Schools Face Prolonged Recovery from COVID Absenteeism Crisis According to Report

A new report indicates that the rate of students who are consistently absent from school has become so severe during the pandemic that it may not return to pre-COVID levels until 2030. However, this projection is based on optimistic assumptions about future improvements, and some states may take even longer to recover. According to an analysis from the American Enterprise Institute, Louisiana, Oregon, and South Carolina saw an increase in the percentage of students who were chronically absent for at least 10% of the school year in 2022-23.

The map displays chronic absenteeism levels for states that have already published the data from the 2022-23 school year. (American Enterprise Institute)

Chronic absenteeism is identified as the “greatest post-pandemic challenge” for schools, according to the report based on data from 39 states. Nat Malkus, a senior fellow at a conservative think tank, asserts that minor reductions in chronic absenteeism rates will not be sufficient to prevent long-term disaster, especially in low-performing and high-poverty districts that already struggled with absenteeism prior to the pandemic. Malkus emphasizes the need for districts to prioritize attendance and involve parents, suggesting that parents are more likely to respond to messages from their children’s teachers than from administrators.

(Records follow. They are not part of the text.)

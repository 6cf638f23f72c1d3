-- ===== src/Conversation/Gathering/Arriving.antt =====
-- A user enters a chat room: the dispatcher's side of it (ServerSide/src/Dispatcher.cpp,
-- join_chatroom), field by field.
use networking_programming_p.Base.{
  ℕ, ◌<◌, ◌≡◌, ◌≢◌, refl, ap, ◌∙◌, Str, List, [], ◌∷◌, ◌++◌, some, true, drop, length, drop-append,
}
use networking_programming_p.Wire.{Arrival, leftover}
use networking_programming_p.OrderedMap.{OrderedMap, insert, keys}
use networking_programming_p.OrderedMap.Order.{insert-find}
use networking_programming_p.Dispatcher.State.{Pointer, User, ChatRoom, World}
use networking_programming_p.Dispatcher.Steps.{update_self, update_ne}
use networking_programming_p.Dispatcher.Members.{listed, add_member}
use networking_programming_p.Dispatcher.Members.Laws.{add_member_lem}
use networking_programming_p.Dispatcher.Rooms.Join.{entered}
use networking_programming_p.Dispatcher.Taken.{
  taken, rooms-taken, users_map-taken, taken-user, taken-caller,
}
use networking_programming_p.Conversation.Entering.{CanEnter, inside, packets, asked, inside-sent}
use networking_programming_p.Conversation.Gathering.{
  Gathering, CanArrive, IsGathered, IsThere, socket_of, sent_since,
}
use networking_programming_p.Conversation.Gathering.Splits.{All-map}

pub can_enter :
    (room : Pointer) (g : Gathering) (caller : Pointer) (room_name : Str)
    → IsGathered room g
    → CanArrive room g caller room_name
    → CanEnter g.world (socket_of g caller) caller room room_name g.roster
can_enter room g caller room_name inv can = record {
  consistent = inv.consistent;
  connected = can.connected;
  caller_is = can.caller_is;
  room_is = can.room_is;
  members_are = inv.members_are;
  members_connected = inv.are_connected;
  members_elsewhere = can.elsewhere;
  members_readable =
      All-map _ _ g.roster (λ e (t : IsThere room g.world g.clients e). (t.readable, t.printable))
        inv.are_there;
  few = can.few;
  room_readable = can.room_readable;
  caller_readable = can.caller_readable;
  caller_printable = can.caller_printable;
}

module _ (room : Pointer) (g : Gathering) (caller : Pointer) (room_name : Str) (rest : List ℕ)
    (q : List Arrival) (inv : IsGathered room g) (can : CanArrive room g caller room_name) where
  abbrev pub after_entering : World
  after_entering =
      inside g.world (socket_of g caller) caller room room_name g.roster rest q
        (can_enter room g caller room_name inv can)

  -- The world once the command was read.
  abbrev v : World
  v =
      taken (socket_of g caller)
        (leftover
          (asked g.world (socket_of g caller) caller room room_name g.roster rest q
            (can_enter room g caller room_name inv can))
          q)
        g.world

  abbrev name : Str
  name = (g.world.users caller).name

  pub caller-entered : after_entering.users caller ≡ record (g.world.users caller) {
    connection_status = true;
    connected_to_chat_room = some room;
  }
  unfolding inside entered
  caller-entered =
      update_self _ caller _
      ∙ ap (λ (u : User). record u { connection_status = true; connected_to_chat_room = some room })
          (taken-caller _ _ g.world caller inv.consistent can.caller_is)

  pub other-entered :
      (p : Pointer) → p < g.world.next_user → caller ≢ p → after_entering.users p ≡ g.world.users p
  unfolding inside entered
  other-entered p l n = update_ne _ caller p _ n ∙ taken-user _ _ g.world p l

  pub room-entered :
      after_entering.rooms room
      ≡ record (g.world.rooms room) { users = keys g.roster ++ (name ∷ []) }
  unfolding inside entered
  room-entered =
      update_self _ room _
      ∙ ap (λ (rooms : Pointer → ChatRoom). add_member (v.users caller).name (rooms room))
          (rooms-taken _ _ g.world)
      ∙ ap (λ (u : User). add_member u.name (g.world.rooms room))
          (taken-caller _ _ g.world caller inv.consistent can.caller_is)
      ∙ add_member_lem name (g.world.rooms room)
          (ap (listed (g.world.rooms room).name) inv.members_are ∙ inv.not_listed)
      ∙ ap (λ (us : List Str). record (g.world.rooms room) { users = us ++ (name ∷ []) })
          inv.members_are

  pub users_map-entered : after_entering.users_map ≡ g.world.users_map
  unfolding inside entered
  users_map-entered =
      ap (λ (m : OrderedMap Pointer). insert (v.users caller).name caller m)
        (users_map-taken _ _ g.world)
      ∙ ap (λ (u : User). insert u.name caller g.world.users_map)
          (taken-caller _ _ g.world caller inv.consistent can.caller_is)
      ∙ insert-find name caller g.world.users_map inv.consistent.users_ordered can.named

  pub address-entered : after_entering.address ≡ g.world.address
  unfolding inside entered taken
  address-entered = refl

  pub sent-entered :
      sent_since g.world after_entering
      ≡ packets g.world
          (socket_of g caller)
          caller
          room
          room_name
          g.roster
          rest
          q
          (can_enter room g caller room_name inv can)
  sent-entered =
      ap (drop (length g.world.sent)) (
        inside-sent g.world (socket_of g caller) caller room room_name g.roster rest q
          (can_enter room g caller room_name inv can))
      ∙ drop-append g.world.sent _
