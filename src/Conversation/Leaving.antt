-- ===== src/Conversation/Leaving.antt =====
-- A user leaves a chat room of another, from the request to what the clients make of the answer:
-- Client::closeSession (ClientSide/src/Client.cpp), a round of Dispatcher::run
-- (ServerSide/src/Dispatcher.cpp, leave_chatroom), and a round of Client::run.
use networking_programming_p.Base.{
  ℕ, ◌≡◌, refl, sym, ap, subst, ◌∙◌, Str, List, [], ◌∷◌, ◌++◌, append-nil, Option, none, some, Bool,
  true, false, arith, drop-append, All, ◌==◌, str_eq, if◌then◌else◌,
}
use networking_programming_p.Wire.{Arrival, chunk, leftover, read_command, command_bytes}
use networking_programming_p.Wire.RoundTrip.{read_command-command_bytes}
use networking_programming_p.OrderedMap.{OrderedMap, keys}
use networking_programming_p.Protocol.{
  leave_chatroom as leave_command, close_session_with_user, connection_error,
}
use networking_programming_p.Dispatcher.State.{Pointer, Socket, User, Packet, World}
use networking_programming_p.Dispatcher.Monad.{◌>>=◌, command_packets}
use networking_programming_p.Dispatcher.Caller.{scan_users}
use networking_programming_p.Dispatcher.Steps.{send}
use networking_programming_p.Dispatcher.Consistency.{IsConsistent}
use networking_programming_p.Dispatcher.Rooms.{leave_chatroom}
use networking_programming_p.Dispatcher.Rooms.Join.{AreConnected, HasMembersAt}
use networking_programming_p.Dispatcher.Rooms.Leave.{
  farewell_packets, left_packets, left, closed, departed, leave_chatroom_lem,
}
use networking_programming_p.Dispatcher.Loop.{handle}
use networking_programming_p.Dispatcher.Loop
use networking_programming_p.Dispatcher.Taken.{
  taken, round-handle, taken-caller, taken-members, taken-found,
}
use networking_programming_p.Client.{Partner, Client, write_command}
use networking_programming_p.Client.Requests.{close_session}
use networking_programming_p.Client.Run.{round}
use networking_programming_p.Client.Delivered.{delivered, IsReadable}
use networking_programming_p.Client.Partners.{LacksPartner}
use networking_programming_p.Client.Departures.{
  in_no_room, round-farewell_packets, round-own_farewell,
}
use networking_programming_p.Conversation.{news, hearing}
use networking_programming_p.Conversation.Audience.{AreElsewhere, delivered-left_member}

pub news-close_session :
    (c : Client) (rest : List ℕ)
    → c.is_in_session ≡ true
    → c.is_in_chat_room ≡ true
    → news c (close_session c) ++ rest ≡ command_bytes leave_command ++ rest
unfolding close_session
news-close_session c rest s r =
    ap (λ (b : Bool). sending b c.is_in_chat_room) s
    ∙ ap (sending true) r
    ∙ simp (drop-append, append-nil)
  where
    sending : Bool → Bool → List ℕ
    sending in_session in_room =
        news c (
          if in_session
          then if in_room
            then write_command leave_command c
            else record (write_command close_session_with_user c) { is_in_session = false }
          else c)
        ++ rest

-- A request to leave a room: the caller is in the room, does not own it, and the members are
-- connected.
pub record CanLeave (w : World) (sock : Socket) (caller chatroom : Pointer)
    (members : OrderedMap Pointer) : Type 0 where
  pub consistent : IsConsistent w
  pub connected : (sock == 0) ≡ false
  pub caller_is : scan_users w.users sock none w.users_map ≡ some caller
  pub flag : (w.users caller).connection_status ≡ true
  pub room_is : (w.users caller).connected_to_chat_room ≡ some chatroom
  pub not_owner : str_eq (w.rooms chatroom).owner (w.users caller).name ≡ false
  pub members_are : (w.rooms chatroom).users ≡ keys members
  pub members_connected : AreConnected w.users_map members
  pub caller_readable : IsReadable (w.users caller).name

-- One of the members, on a socket that is no other member's.
pub record IsHeardAt (w : World) (members before : OrderedMap Pointer) (member : Str × Pointer)
    (after : OrderedMap Pointer) : Type 0 where
  pub is_socket : ((w.users member.1).socket == 0) ≡ false
  pub is_member : members ≡ before ++ (member ∷ after)
  pub alone_before : AreElsewhere (w.users member.1).socket w.users before
  pub alone_after : AreElsewhere (w.users member.1).socket w.users after

pub heard_by :
    (name : Str) (w : World) (members before : OrderedMap Pointer) (u : Str) (p : Pointer)
    (after : OrderedMap Pointer)
    → IsHeardAt w members before (u, p) after
    → delivered (w.users p).socket (left_packets name w.users members)
      ≡ delivered (w.users p).socket (farewell_packets (w.users p).socket name) ++ []
heard_by name w members before u p after h =
    ap (λ m. delivered (w.users p).socket (left_packets name w.users m)) h.is_member
    ∙ delivered-left_member name u w.users before after p h.alone_before h.alone_after

left_packets-eq :
    (name : Str) (f g : Pointer → User) (members : OrderedMap Pointer)
    → All (λ (e : Str × Pointer). f e.1 ≡ g e.1) members
    → left_packets name f members ≡ left_packets name g members
left_packets-eq name f g [] a = refl
left_packets-eq name f g ((u, p) ∷ members) a = rw (a.0, left_packets-eq name f g members a.1) refl

module _ (w : World) (sock : Socket) (caller chatroom : Pointer) (members : OrderedMap Pointer)
    (rest : List ℕ) (q : List Arrival) (can : CanLeave w sock caller chatroom members) where
  abbrev v : World
  v = taken sock (leftover rest q) w

  caller_eq : v.users caller ≡ w.users caller
  caller_eq = taken-caller sock (leftover rest q) w caller can.consistent can.caller_is

  unfoldable pub outside : World
  outside = left caller chatroom members v

  room_eq : (v.users caller).connected_to_chat_room ≡ some chatroom
  room_eq = ap (λ (u : User). u.connected_to_chat_room) caller_eq ∙ can.room_is

  room_members : HasMembersAt members v (some chatroom)
  unfolding taken
  room_members = (can.members_are, can.members_connected)

  owner_eq : str_eq (v.rooms chatroom).owner (v.users caller).name ≡ false
  unfolding taken
  owner_eq = ap (λ (u : User). str_eq (w.rooms chatroom).owner u.name) caller_eq ∙ can.not_owner

  leaving : leave_chatroom w.next_user v ≡ some (tt, outside)
  unfolding outside
  leaving =
      leave_chatroom_lem v w.next_user caller members
        (taken-found sock (leftover rest q) w caller can.consistent can.caller_is)
        (subst (HasMembersAt members v) (sym room_eq) room_members)
      ∙ ap (λ (b : Bool). outcome b (v.users caller).connected_to_chat_room)
          (ap (λ (u : User). u.connection_status) caller_eq ∙ can.flag)
      ∙ ap (outcome true) room_eq
      ∙ ap
          (λ (b : Bool).
            some
              (tt, if b then closed caller chatroom members v else left caller chatroom members v))
          owner_eq
    where
      outcome : Bool → Option Pointer → Option (Unit {0} × World)
      outcome flag room = some (
        tt,
        if flag
            then departed w.next_user caller members v room
            else send (command_packets (v.users w.next_user).socket connection_error) v,
      )

  pub outside-sent : outside.sent ≡ w.sent ++ left_packets (w.users caller).name w.users members
  unfolding outside left taken
  outside-sent =
      ap (λ (u : User). w.sent ++ left_packets u.name v.users members) caller_eq
      ∙ ap (λ (ps : List Packet). w.sent ++ ps)
          (left_packets-eq (w.users caller).name v.users w.users members (
            taken-members sock (leftover rest q) w caller can.consistent can.caller_is members
              can.members_connected))

  pub granted :
      w.inbox sock ≡ chunk (command_bytes leave_command ++ rest) ∷ q
      → Loop.round sock w ≡ some (tt, outside)
  unfolding handle ◌>>=◌
  granted e =
      round-handle sock leave_command (leftover rest q) w can.connected
        (ap read_command e ∙ read_command-command_bytes leave_command rest q (omega arith))
      ∙ leaving

-- When what a client in a room writes to close its session arrives at the dispatcher, and its
-- user is in a room of another, one round of the dispatcher answers it without a fault, and what
-- it sends makes, in one round each, the client that left be in no room, and the client of another
-- member drop the first partner of that name and keep the rest: if each of the two has a socket of
-- its own among the members, the other client has such a partner, and the leaver's name can be
-- read and is its client's own.
pub round-close_session :
    (w : World) (sock : Socket) (caller chatroom p : Pointer) (u : Str)
    (members before after before' after' : OrderedMap Pointer) (c a b : Client)
    (had kept : List Partner) (gone : Partner) (rest : List ℕ) (q : List Arrival)
    → CanLeave w sock caller chatroom members
    → c.is_in_session ≡ true
    → c.is_in_chat_room ≡ true
    → w.inbox sock ≡ chunk (news c (close_session c) ++ rest) ∷ q
    → IsHeardAt w members before ((w.users caller).name, caller) after
    → IsHeardAt w members before' (u, p) after'
    → str_eq (w.users caller).name a.client_name ≡ true
    → str_eq (w.users caller).name b.client_name ≡ false
    → b.chatroom_partners ≡ had ++ (gone ∷ kept)
    → LacksPartner (w.users caller).name had
    → str_eq gone.name (w.users caller).name ≡ true
    → (v : World) × (packets : List Packet) × (Loop.round sock w ≡ some (tt, v))
      × (v.sent ≡ w.sent ++ packets)
      × (round (hearing (w.users caller).socket packets a)
          ≡ some (in_no_room (record a { inbox = [] })))
      × (round (hearing (w.users p).socket packets b)
          ≡ some (record b { inbox = []; chatroom_partners = had ++ kept }))
round-close_session w sock caller chatroom p u members before after before' after' c a b had kept
      gone rest q can i r e own other mine theirs held lacks same =
    let name = (w.users caller).name in
    let sent = left_packets name w.users members in
    (
      outside w sock caller chatroom members rest q can,
      sent,
      granted w sock caller chatroom members rest q can
          (e ∙ ap (λ bs. chunk bs ∷ q) (news-close_session c rest i r)),
      outside-sent w sock caller chatroom members rest q can,
      round-own_farewell (w.users caller).socket name (hearing (w.users caller).socket sent a) [] []
          own.is_socket can.caller_readable mine
          (ap (λ bs. chunk bs ∷ []) (heard_by name w members before name caller after own)),
      round-farewell_packets (w.users p).socket name (hearing (w.users p).socket sent b) had kept
          gone [] [] other.is_socket can.caller_readable theirs held lacks same
          (ap (λ bs. chunk bs ∷ []) (heard_by name w members before' u p after' other)),
    )
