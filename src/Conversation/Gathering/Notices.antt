-- ===== src/Conversation/Gathering/Notices.antt =====
-- Who hears that a chat room is closed, and what it does to the users and to their clients
-- (ServerSide/src/Dispatcher.cpp, leave_chatroom, and ClientSide/src/Client.cpp,
-- chatroomWasClosed).
use networking_programming_p.Base.{
  ◌≡◌, refl, sym, ap, subst, ◌∙◌, Str, List, [], ◌∷◌, ◌++◌, append_assoc, append-nil, none, some,
  false, arith, All, ◌==◌, Bool-cases, inl, inr, if◌then◌else◌,
}
use networking_programming_p.Wire.{chunk, command_bytes}
use networking_programming_p.OrderedMap.{OrderedMap}
use networking_programming_p.Protocol.{chatroom_was_closed}
use networking_programming_p.Dispatcher.State.{Pointer, Socket, User, Packet, update}
use networking_programming_p.Dispatcher.Monad.{command_packets}
use networking_programming_p.Dispatcher.Steps.{update_self}
use networking_programming_p.Dispatcher.Rooms.Leave.{closed_packets, dismissed}
use networking_programming_p.Client.{Client}
use networking_programming_p.Client.Handlers
use networking_programming_p.Client.Run.{round, switch, no_session}
use networking_programming_p.Client.Delivered.{
  delivered, moved, round_heard, delivered-command_hit, delivered-command_miss,
}
use networking_programming_p.Conversation.Audience.{AreElsewhere}

-- What one member is sent.
abbrev notice : Socket → List Packet
notice s = if s == 0 then [] else command_packets s chatroom_was_closed

pub closed_packets-eq :
    (f g : Pointer → User) (members : OrderedMap Pointer)
    → All (λ (e : Str × Pointer). f e.1 ≡ g e.1) members
    → closed_packets f members ≡ closed_packets g members
closed_packets-eq f g [] a = refl
closed_packets-eq f g ((u, p) ∷ members) a = rw (a.0, closed_packets-eq f g members a.1) refl

delivered-notice_miss :
    (s r : Socket) (ps : List Packet)
    → (r == s) ≡ false
    → delivered s (notice r ++ ps) ≡ delivered s ps
delivered-notice_miss s r ps h = elim (Bool-cases (r == 0)) [
  | inl e ↦ rw e refl
  | inr e ↦ rw e (delivered-command_miss s r chatroom_was_closed ps h)
]

delivered-closed_miss :
    (s : Socket) (users : Pointer → User) (members : OrderedMap Pointer) (ps : List Packet)
    → AreElsewhere s users members
    → delivered s (closed_packets users members ++ ps) ≡ delivered s ps
delivered-closed_miss s users [] ps a = refl
delivered-closed_miss s users ((u, p) ∷ members) ps a =
    ap (delivered s) (append_assoc (notice (users p).socket) (closed_packets users members) ps)
    ∙ delivered-notice_miss s (users p).socket (closed_packets users members ++ ps) a.0
    ∙ delivered-closed_miss s users members ps a.1

closed_packets-append :
    (users : Pointer → User) (before after : OrderedMap Pointer)
    → closed_packets users (before ++ after)
      ≡ closed_packets users before ++ closed_packets users after
closed_packets-append users [] after = refl
closed_packets-append users ((u, p) ∷ before) after =
    rw (closed_packets-append users before after) (sym (append_assoc (notice (users p).socket) _ _))

-- A member on a socket of its own hears of it once.
pub delivered-closed_member :
    (users : Pointer → User) (before after : OrderedMap Pointer) (u : Str) (p : Pointer)
    → ((users p).socket == 0) ≡ false
    → AreElsewhere (users p).socket users before
    → AreElsewhere (users p).socket users after
    → delivered (users p).socket (closed_packets users (before ++ ((u, p) ∷ after)))
      ≡ command_bytes chatroom_was_closed ++ []
unfolding delivered
delivered-closed_member users before after u p z b a =
    let s = (users p).socket in
    let others = closed_packets users after in
    ap (delivered s) (closed_packets-append users before ((u, p) ∷ after))
    ∙ delivered-closed_miss s users before (notice s ++ others) b
    ∙ rw z (
        delivered-command_hit s chatroom_was_closed others
        ∙ ap (λ bs. command_bytes chatroom_was_closed ++ bs)
            (ap (delivered s) (sym (append-nil others)) ∙ delivered-closed_miss s users after [] a))

-- A user that is in no chat room.
abbrev pub IsFree : User → Type 0
IsFree u = (u.connection_status ≡ false) × (u.connected_to_chat_room ≡ none)

-- A user is taken out of its room.
abbrev free_at : (Pointer → User) → Pointer → Pointer → User
free_at users q =
    update users q (record (users q) { connection_status = false; connected_to_chat_room = none })

free_at-IsFree :
    (users : Pointer → User) (q p : Pointer) → IsFree (users p) → IsFree (free_at users q p)
unfolding update
free_at-IsFree users q p f = elim (Bool-cases (q == p)) [
  | inl e ↦ rw e (refl, refl)
  | inr e ↦ rw e f
]

update-IsFree : (users : Pointer → User) (p : Pointer) → IsFree (free_at users p p)
update-IsFree users p =
    let same =
      update_self users p
        (record (users p) { connection_status = false; connected_to_chat_room = none }) in
    subst IsFree (sym same) (refl, refl)

dismissed-IsFree :
    (users : Pointer → User) (members : OrderedMap Pointer) (p : Pointer)
    → IsFree (users p)
    → IsFree (dismissed users members p)
dismissed-IsFree users [] p f = f
dismissed-IsFree users ((u, q) ∷ members) p f =
    dismissed-IsFree (free_at users q) members p (free_at-IsFree users q p f)

pub All-IsFree :
    (users : Pointer → User) (members : OrderedMap Pointer)
    → All (λ (e : Str × Pointer). IsFree (dismissed users members e.1)) members
All-IsFree users [] = tt
All-IsFree users ((u, p) ∷ members) = (
  dismissed-IsFree (free_at users p) members p (update-IsFree users p),
  All-IsFree (free_at users p) members,
)

-- A client that is in no chat room and no session.
abbrev pub IsOut : Client → Type 0
IsOut c =
    (c.is_in_session ≡ false)
    × (c.is_in_chat_room ≡ false)
    × (c.is_room_owner ≡ false)
    × (c.chatroom_partners ≡ [])

pub closed-IsOut : (c : Client) → IsOut (no_session (Handlers.chatroom_was_closed c))
unfolding Handlers.chatroom_was_closed
closed-IsOut c = elim (Bool-cases c.is_room_owner) [
  | inl e ↦ rw e (refl, refl, refl, refl)
  | inr e ↦ rw e (refl, refl, refl, refl)
]

-- A client hears that the room was closed.
pub round-closed :
    (c : Client)
    → c.inbox ≡ chunk (command_bytes chatroom_was_closed ++ []) ∷ []
    → round c ≡ some (no_session (Handlers.chatroom_was_closed (moved [] c)))
unfolding switch
round-closed c e = round_heard chatroom_was_closed [] [] c refl (omega arith) e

Another study examining chronic absenteeism reveals a significant increase in the number of districts where at least 30% of students missed 18 or more days of school. The analysis categorizes chronic absenteeism rates into five levels, with extreme being the highest.

According to Hedy Chang, the executive director of Attendance Works, nearly 11% of districts in the country had extreme levels of chronic absenteeism before the pandemic. However, by 2021-22, this rate had more than tripled to almost 39%. The data underscores the need for immediate action from policymakers and state education agencies, according to the researchers.

‘It’s alarming’

Several state lawmakers have recognized the urgency of addressing chronic absenteeism. In Maryland, for example, the Senate judicial committee questioned the interim state chief, Carey Wright, about the high rates of absenteeism in Baltimore schools. Wright expressed concern about chronically absent young children negatively impacting their educational progress. In Maryland, the number of schools with extreme chronic absenteeism rates increased from 274 to 700 between 2017-18 and 2021-22.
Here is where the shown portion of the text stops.